Author: Sifan YU ¹ ; Dijie LI ¹ ; Ning ZHANG ² ; Shuaijian NI ¹ ; Meiheng SUN ¹ ; Luyao WANG ¹ ; Huan XIAO ² ; Dingdong LIU ¹ ; Jin LIU ¹ ; Yuanyuan YU ¹ ; Zongkang ZHANG ² ; Samuel Tin Yui YEUNG ¹ ; Shu ZHANG ³ ; Aiping LU ¹ ; Zhenlin ZHANG ⁴ ; Baoting ZHANG ² ; Ge ZHANG ¹
Author Information

1. Law Sau Fai Institute for Advancing Translational Medicine in Bone and Joint Diseases, School of Chinese Medicine, Hong Kong Baptist University, Kowloon Tsai, Hong Kong 999077, China.
2. School of Chinese Medicine, Faculty of Medicine, the Chinese University of Hong Kong, Hong Kong 999077, China.
3. The Key Laboratory of Aerospace Medicine, Ministry of Education, Air Force Medical University, Xi'an 710000, China.
4. Shanghai Clinical Research Center of Bone Disease, Department of Osteoporosis and Bone Diseases, Shanghai Jiao Tong University Affiliated Sixth People's Hospital, Shanghai 200000, China.
Publication Type:Review
Keywords: Antibody; Aptamer; Artificial intelligence; Bone diseases; Sclerostin; Sclerostin inhibitors; Small molecule inhibitors; WNT signalling pathway
From: Acta Pharmaceutica Sinica B 2022;12(5):2150-2170
CountryChina
Language:English
Abstract: Sclerostin, a protein secreted from osteocytes, negatively regulates the WNT signaling pathway by binding to the LRP5/6 co-receptors and further inhibits bone formation and promotes bone resorption.
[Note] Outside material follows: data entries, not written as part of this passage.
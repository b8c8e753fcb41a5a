-- ===== src/SkillListing/Limits.antt =====
-- Which skills are listed on their own.
use skillcdn.Common.{
  ℕ, ◌+◌, ◌≤◌, ◌≡◌, refl, ◌↔◌, ◌⊎◌, inl, inr, Bool, true, false, ◌&&◌, not, List, [], ◌∷◌, none,
  some, ltb, is_empty, length, arith, Bool-cases, if◌then◌else◌,
}
use skillcdn.Text.{Text, same}
use skillcdn.Text.Compare.{same_iff}
use skillcdn.RepoLayout.{base_name}
use skillcdn.SkillListing.{
  SkillListingInput, SkillListingProblem, name_directory_mismatch, too_many_files, too_large,
  total_size, skill_listing_problem, skill_listing_max_files, skill_listing_max_bytes,
}

abbrev pub sum : List ℕ → ℕ
sum [] = 0
sum (size ∷ sizes) = size + sum sizes

total-sum : (total : ℕ) (sizes : List ℕ) → total_size total sizes ≡ total + sum sizes
unfolding total_size
total-sum total [] = omega arith
total-sum total (size ∷ sizes) = omega (arith, total-sum (total + size) sizes)

-- A skill that a host can hold.
pub record IsListed (input : SkillListingInput) : Type 0 where
  pub named : (input.directory ≡ []) ⊎ (base_name input.directory ≡ input.name)
  pub few : length input.sizes ≤ skill_listing_max_files
  pub small : sum input.sizes ≤ skill_listing_max_bytes

named_iff :
    (directory name : Text)
    → ((not (is_empty directory) && not (same (base_name directory) name)) ≡ false)
      ↔ ((directory ≡ []) ⊎ (base_name directory ≡ name))
named_iff [] name = (λ h. inl refl, λ h. refl)
named_iff (c ∷ d) name = elim (Bool-cases (same (base_name (c ∷ d)) name)) [
  | inl e ↦ rw e (λ h. inr ((same_iff _ name).0 e), λ h. refl)
  | inr n ↦ rw n (
    λ h. cc,
    λ h. elim h [ inl e ↦ cc | inr e ↦ cc (n, (same_iff (base_name (c ∷ d)) name).1 e) ],
  )
]

three :
    (a b c : Bool) (p q r : SkillListingProblem)
    → ((if a then some p else if b then some q else if c then some r else none) ≡ none)
      ↔ ((a ≡ false) × (b ≡ false) × (c ≡ false))
three true b c p q r = (λ h. cc, λ (x, y, z). cc)
three false true c p q r = (λ h. cc, λ (x, y, z). cc)
three false false true p q r = (λ h. cc, λ (x, y, z). cc)
three false false false p q r = (λ h. (refl, refl, refl), λ h. refl)

-- A skill has no problem of its own exactly if it is at the root or its directory has its name, and
-- it has at most as many files and, in sum, bytes as the extension allows.
skill_listing_problem_iff :
    (input : SkillListingInput) → (skill_listing_problem input ≡ none) ↔ IsListed input
unfolding skill_listing_problem
skill_listing_problem_iff input =
    let (to, from) =
      three (not (is_empty input.directory) && not (same (base_name input.directory) input.name))
        (ltb skill_listing_max_files (length input.sizes))
        (ltb skill_listing_max_bytes (total_size 0 input.sizes)) name_directory_mismatch
        too_many_files too_large in
    let sums = total-sum 0 input.sizes in
    (
      λ h.
          let (a, b, c) = to h in
          record {
            named = (named_iff input.directory input.name).0 a;
            few = ground arith;
            small = ground arith;
          },
      λ h.
          let few = h.few in
          let small = h.small in
          from ((named_iff input.directory input.name).1 h.named, ground arith, ground arith),
    )
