-- ===== src/SkillListing/Tests.antt =====
-- A skill that is listed and one that is not, and the theorem at the first.
use skillcdn.Common.{◌++◌, ◌≡◌, refl, [], ◌∷◌, none, some}
use skillcdn.Text.{codes, same, last_index_of}
use skillcdn.RepoLayout.{base_name}
use skillcdn.SkillListing.{
  SkillListingInput, skill_listing_problem, name_directory_mismatch, total_size,
  describe_omitted_file,
}

run : Unit {0}
unfolding skill_listing_problem total_size same base_name last_index_of
run = tt

abbrev small_skill : SkillListingInput
small_skill = record { directory = codes "skills/a"; name = codes "a"; sizes = 10 ∷ 20 ∷ [] }

listed : skill_listing_problem small_skill ≡ none
unfolding run
listed = refl

misnamed :
    skill_listing_problem (record small_skill { name = codes "b" }) ≡ some name_directory_mismatch
unfolding run
misnamed = refl

too_long_to_read :
    describe_omitted_file (record { path = codes "a.md"; size = 1200; limit = 1000 })
    ≡ codes "a.md is over the read limit (1200 bytes; the limit is 1000)"
      ++ codes " and is left out of the skill; the served SKILL.md names it with where to fetch it."
unfolding describe_omitted_file
too_long_to_read = refl
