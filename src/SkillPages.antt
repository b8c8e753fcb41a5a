-- ===== src/SkillPages.antt =====
-- packages/core/src/tools/pages.ts: the pages of a skill, joined back into the skill.
pub mod Join
mod Tests
use skillcdn.Common.{
  Bool, true, false, ◌&&◌, List, [], ◌∷◌, ◌++◌, Option, none, some, if◌then◌else◌,
}
use skillcdn.Text.{Text, same, has}
use skillcdn.RepoPath.{RepoPath}

-- `SkillRules` and `IncludedFile`: a fragment of the text of a path. A rule always has a text.
pub record Fragment : Type 0 where
  pub path : Option RepoPath
  pub content : Option Text
  pub truncated : Bool

-- `textOf`.
abbrev pub text_of : Fragment → Text
text_of f = elim f.content [ none ↦ [] | some text ↦ text ]

-- `withText`.
abbrev pub with_text : Fragment → Text → Bool → Fragment
with_text f text truncated = record { path = f.path; content = some text; truncated = truncated }

-- `last.path === fragment.path`.
unfoldable pub same_path : Option RepoPath → Option RepoPath → Bool
same_path none none = true
same_path none (some q) = false
same_path (some p) none = false
same_path (some p) (some q) = same p q

-- One round of the loop: it looks at the last of what is joined.
unfoldable pub join_step : List Fragment → Fragment → List Fragment
unfolding same_path
join_step [] fragment = fragment ∷ []
join_step (last ∷ []) fragment =
    if last.truncated && same_path last.path fragment.path
    then with_text last (text_of last ++ text_of fragment) fragment.truncated ∷ []
    else last ∷ fragment ∷ []
join_step (joined ∷ next ∷ rest) fragment = joined ∷ join_step (next ∷ rest) fragment

unfoldable pub join_page : List Fragment → List Fragment → List Fragment
unfolding join_step
join_page joined [] = joined
join_page joined (fragment ∷ page) = join_page (join_step joined fragment) page

unfoldable pub join_pages : List Fragment → List (List Fragment) → List Fragment
unfolding join_page
join_pages joined [] = joined
join_pages joined (page ∷ pages) = join_pages (join_page joined page) pages

unfoldable pub join_fragments : List (List Fragment) → List Fragment
unfolding join_pages
join_fragments pages = join_pages [] pages

-- A page of a skill; `facts` is every other field.
pub record SkillResult (F : Type 0) : Type 0 where
  pub facts : F
  pub rule_chain : Option (List Fragment)
  pub body : Text
  pub included : List Fragment
  pub warnings : List Text
  pub rules : Option Fragment
  pub complete : Option Bool
  pub next_cursor : Option Text

-- `[...new Set(items)]`.
unfoldable pub unique_onto : List Text → List Text → List Text
unique_onto seen [] = seen
unique_onto seen (item ∷ items) = elim (has seen item) [
  | true ↦ unique_onto seen items
  | false ↦ unique_onto (seen ++ (item ∷ [])) items
]

abbrev pub first_of : List Fragment → Option Fragment
first_of [] = none
first_of (rule ∷ rules) = some rule

module _ {F : Type 0} where
  -- `pages[pages.length - 1]`, after the first page.
  abbrev pub last_page : SkillResult F → List (SkillResult F) → SkillResult F
  last_page page [] = page
  last_page page (next ∷ pages) = last_page next pages

  abbrev pub rules_of : List (SkillResult F) → List (List Fragment)
  rules_of [] = []
  rules_of (page ∷ pages) = elim page.rule_chain [ none ↦ [] | some chain ↦ chain ] ∷ rules_of pages

  abbrev pub included_of : List (SkillResult F) → List (List Fragment)
  included_of [] = []
  included_of (page ∷ pages) = page.included ∷ included_of pages

  abbrev pub bodies_of : List (SkillResult F) → Text
  bodies_of [] = []
  bodies_of (page ∷ pages) = page.body ++ bodies_of pages

  abbrev pub warnings_of : List (SkillResult F) → List Text
  warnings_of [] = []
  warnings_of (page ∷ pages) = page.warnings ++ warnings_of pages

  unfoldable pub join_skill_pages : List (SkillResult F) → Option (SkillResult F)
  unfolding join_fragments unique_onto
  join_skill_pages [] = none
  join_skill_pages (first ∷ pages) =
      let chain = join_fragments (rules_of (first ∷ pages)) in
      let last = last_page first pages in
      some (record {
        facts = first.facts;
        rule_chain = some chain;
        body = bodies_of (first ∷ pages);
        included = join_fragments (included_of (first ∷ pages));
        warnings = unique_onto [] (warnings_of (first ∷ pages));
        rules = first_of chain;
        complete = last.complete;
        next_cursor = last.next_cursor;
      })
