-- ===== src/SkillPages/Join.antt =====
-- Fragments that were cut from texts are joined back into them, wherever the pages end.
use skillcdn.Common.{
  ◌≡◌, refl, sym, ap, ◌∙◌, Bool, true, false, List, [], ◌∷◌, ◌++◌, Option, none, some, append_assoc,
  append-nil,
}
use skillcdn.Text.{Text}
use skillcdn.Text.Compare.{same_refl}
use skillcdn.RepoPath.{RepoPath}
use skillcdn.SkillPages.{Fragment, same_path, join_step, join_page, join_pages, join_fragments}

-- The fragments of a text: each but the last is truncated, and together they hold it.
pub data CutsOf (path : Option RepoPath) : Text → Bool → List Fragment → Type 0 where
  whole :
      (text : Text) (truncated : Bool)
      → CutsOf path text truncated
          (record { path = path; content = some text; truncated = truncated } ∷ [])
  part :
      (text rest : Text) (truncated : Bool) (fragments : List Fragment)
      → CutsOf path rest truncated fragments
      → CutsOf path
          (text ++ rest)
          truncated
          (record { path = path; content = some text; truncated = true } ∷ fragments)

-- The fragments of several texts, one after another; only the last text may be truncated itself.
pub data CutsAll : List Fragment → List Fragment → Type 0 where
  none_left : CutsAll [] []
  last_text :
      (path : Option RepoPath) (text : Text) (truncated : Bool) (fragments : List Fragment)
      → CutsOf path text truncated fragments
      → CutsAll (record { path = path; content = some text; truncated = truncated } ∷ []) fragments
  next_text :
      (path : Option RepoPath) (text : Text) (fragments : List Fragment)
      (texts others : List Fragment)
      → CutsOf path text false fragments
      → CutsAll texts others
      → CutsAll
          (record { path = path; content = some text; truncated = false } ∷ texts)
          (fragments ++ others)

-- The fragments of the pages one after another.
abbrev pub flat : List (List Fragment) → List Fragment
flat [] = []
flat (page ∷ pages) = page ++ flat pages

join_page-append :
    (joined page others : List Fragment)
    → join_page joined (page ++ others) ≡ join_page (join_page joined page) others
unfolding join_page
join_page-append joined [] others = refl
join_page-append joined (f ∷ page) others = join_page-append (join_step joined f) page others

join_pages-flat :
    (joined : List Fragment) (pages : List (List Fragment))
    → join_pages joined pages ≡ join_page joined (flat pages)
unfolding join_page join_pages
join_pages-flat joined [] = refl
join_pages-flat joined (page ∷ pages) =
    join_pages-flat (join_page joined page) pages ∙ sym (join_page-append joined page (flat pages))

same_path_refl : (p : Option RepoPath) → same_path p p ≡ true
unfolding same_path
same_path_refl none = refl
same_path_refl (some p) = same_refl p

-- The last of what is joined is open: the next fragment of its path continues it.
step_open :
    (joined : List Fragment) (path : Option RepoPath) (text more : Text) (truncated : Bool)
    → join_step
        (joined ++ (record { path = path; content = some text; truncated = true } ∷ []))
        (record { path = path; content = some more; truncated = truncated })
      ≡ joined
        ++ (record { path = path; content = some (text ++ more); truncated = truncated } ∷ [])
unfolding join_step
step_open [] path text more truncated = rw (same_path_refl path) refl
step_open (j ∷ []) path text more truncated = rw (same_path_refl path) refl
step_open (j ∷ k ∷ joined) path text more truncated =
    ap (λ x. j ∷ x) (step_open (k ∷ joined) path text more truncated)

-- The last of what is joined is closed, if there is one.
abbrev IsClosed : List Fragment → Type 0
IsClosed [] = Unit
IsClosed (f ∷ []) = f.truncated ≡ false
IsClosed (f ∷ g ∷ fs) = IsClosed (g ∷ fs)

step_closed :
    (joined : List Fragment) (f : Fragment)
    → IsClosed joined
    → join_step joined f ≡ joined ++ (f ∷ [])
unfolding join_step
step_closed [] f h = refl
step_closed (j ∷ []) f h = rw h refl
step_closed (j ∷ k ∷ joined) f h = ap (λ x. j ∷ x) (step_closed (k ∷ joined) f h)

append-IsClosed :
    (joined : List Fragment) (f : Fragment) → f.truncated ≡ false → IsClosed (joined ++ (f ∷ []))
append-IsClosed [] f h = h
append-IsClosed (j ∷ []) f h = h
append-IsClosed (j ∷ k ∷ joined) f h = append-IsClosed (k ∷ joined) f h

-- The rest of a text onto what is joined of it.
join_rest :
    (joined : List Fragment) (path : Option RepoPath) (text rest : Text) (truncated : Bool)
    (fragments : List Fragment)
    → CutsOf path rest truncated fragments
    → join_page
        (joined ++ (record { path = path; content = some text; truncated = true } ∷ []))
        fragments
      ≡ joined
        ++ (record { path = path; content = some (text ++ rest); truncated = truncated } ∷ [])
unfolding join_page
join_rest joined path text _ _ _ (whole rest truncated) = step_open joined path text rest truncated
join_rest joined path text _ _ _ (part more rest' truncated others c) =
    ap (λ x. join_page x others) (step_open joined path text more true)
    ∙ join_rest joined path (text ++ more) rest' truncated others c
    ∙ ap (λ x. joined ++ (record { path = path; content = some x; truncated = truncated } ∷ []))
        (append_assoc text more rest')

-- The fragments of a text, where what is joined before them is closed.
join_text :
    (joined : List Fragment) (path : Option RepoPath) (text : Text) (truncated : Bool)
    (fragments : List Fragment)
    → IsClosed joined
    → CutsOf path text truncated fragments
    → join_page joined fragments
      ≡ joined ++ (record { path = path; content = some text; truncated = truncated } ∷ [])
unfolding join_page
join_text joined path _ _ _ h (whole text truncated) = step_closed joined _ h
join_text joined path _ _ _ h (part text rest truncated fragments c) =
    ap (λ x. join_page x fragments) (step_closed joined _ h)
    ∙ join_rest joined path text rest truncated fragments c

join_texts :
    (joined texts fragments : List Fragment)
    → IsClosed joined
    → CutsAll texts fragments
    → join_page joined fragments ≡ joined ++ texts
unfolding join_page
join_texts joined _ _ h none_left = sym (append-nil joined)
join_texts joined _ _ h (last_text path text truncated fragments c) =
    join_text joined path text truncated fragments h c
join_texts joined _ _ h (next_text path text fragments texts others c cs) =
    let f : Fragment = record { path = path; content = some text; truncated = false } in
    join_page-append joined fragments others
    ∙ ap (λ x. join_page x others) (join_text joined path text false fragments h c)
    ∙ join_texts (joined ++ (f ∷ [])) texts others (append-IsClosed joined f refl) cs
    ∙ append_assoc joined (f ∷ []) texts

-- Texts that were cut into fragments, the fragments of one text marked as truncated up to its last,
-- are joined back exactly, whatever pages the fragments came in; only the last text may itself be
-- unfinished.
pub join_fragments-CutsAll :
    (pages : List (List Fragment)) (texts : List Fragment)
    → CutsAll texts (flat pages)
    → join_fragments pages ≡ texts
unfolding join_fragments
join_fragments-CutsAll pages texts c =
    join_pages-flat [] pages ∙ join_texts [] texts (flat pages) tt c
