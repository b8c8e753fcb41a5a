-- ===== src/SkillPages/Tests.antt =====
-- A text cut across two pages, and the theorem at that input.
use skillcdn.Common.{◌≡◌, refl, true, false, [], ◌∷◌, some}
use skillcdn.Text.{codes, same}
use skillcdn.SkillPages.{Fragment, join_fragments, join_step, join_page, join_pages, same_path}
use skillcdn.SkillPages.Join.{whole, part, CutsAll, last_text, next_text, join_fragments-CutsAll}

run : Unit {0}
unfolding join_fragments join_step join_page join_pages same_path same
run = tt

abbrev opening : Fragment
opening = record { path = some (codes "a.md"); content = some (codes "one "); truncated = true }

abbrev closing : Fragment
closing = record { path = some (codes "a.md"); content = some (codes "two"); truncated = false }

abbrev other : Fragment
other = record { path = some (codes "b.md"); content = some (codes "b"); truncated = true }

abbrev joined : Fragment
joined = record { path = some (codes "a.md"); content = some (codes "one two"); truncated = false }

two_pages : join_fragments ((opening ∷ []) ∷ (closing ∷ other ∷ []) ∷ []) ≡ joined ∷ other ∷ []
unfolding run
two_pages = refl

cuts : CutsAll (joined ∷ other ∷ []) (opening ∷ closing ∷ other ∷ [])
cuts =
    next_text (some (codes "a.md")) (codes "one two") (opening ∷ closing ∷ []) (other ∷ [])
      (other ∷ [])
      (part (codes "one ") (codes "two") false (closing ∷ []) (whole (codes "two") false))
      (last_text (some (codes "b.md")) (codes "b") true (other ∷ []) (whole (codes "b") true))

join_fragments-CutsAll_example :
    join_fragments ((opening ∷ []) ∷ (closing ∷ other ∷ []) ∷ []) ≡ joined ∷ other ∷ []
join_fragments-CutsAll_example =
    join_fragments-CutsAll ((opening ∷ []) ∷ (closing ∷ other ∷ []) ∷ []) (joined ∷ other ∷ []) cuts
Sclerostin contributes to musculoskeletal system-related diseases, making it a promising therapeutic target for the treatment of WNT-related bone diseases. Additionally, emerging evidence indicates that sclerostin contributes to the development of cancers, obesity, and diabetes, suggesting that it may be a promising therapeutic target for these diseases. Notably, cardiovascular diseases are related to the protective role of sclerostin. In this review, we summarize three distinct types of inhibitors targeting sclerostin, monoclonal antibodies, aptamers, and small-molecule inhibitors, from which monoclonal antibodies have been developed. As the first-in-class sclerostin inhibitor approved by the U.S. FDA, the monoclonal antibody romosozumab has demonstrated excellent effectiveness in the treatment of postmenopausal osteoporosis; however, it conferred high cardiovascular risk in clinical trials. Furthermore, romosozumab could only be administered by injection, which may cause compliance issues for patients who prefer oral therapy. Considering these above safety and compliance concerns, we therefore present relevant discussion and offer perspectives on the development of next-generation sclerostin inhibitors by following several ways, such as concomitant medication, artificial intelligence-based strategy, druggable modification, and bispecific inhibitors strategy.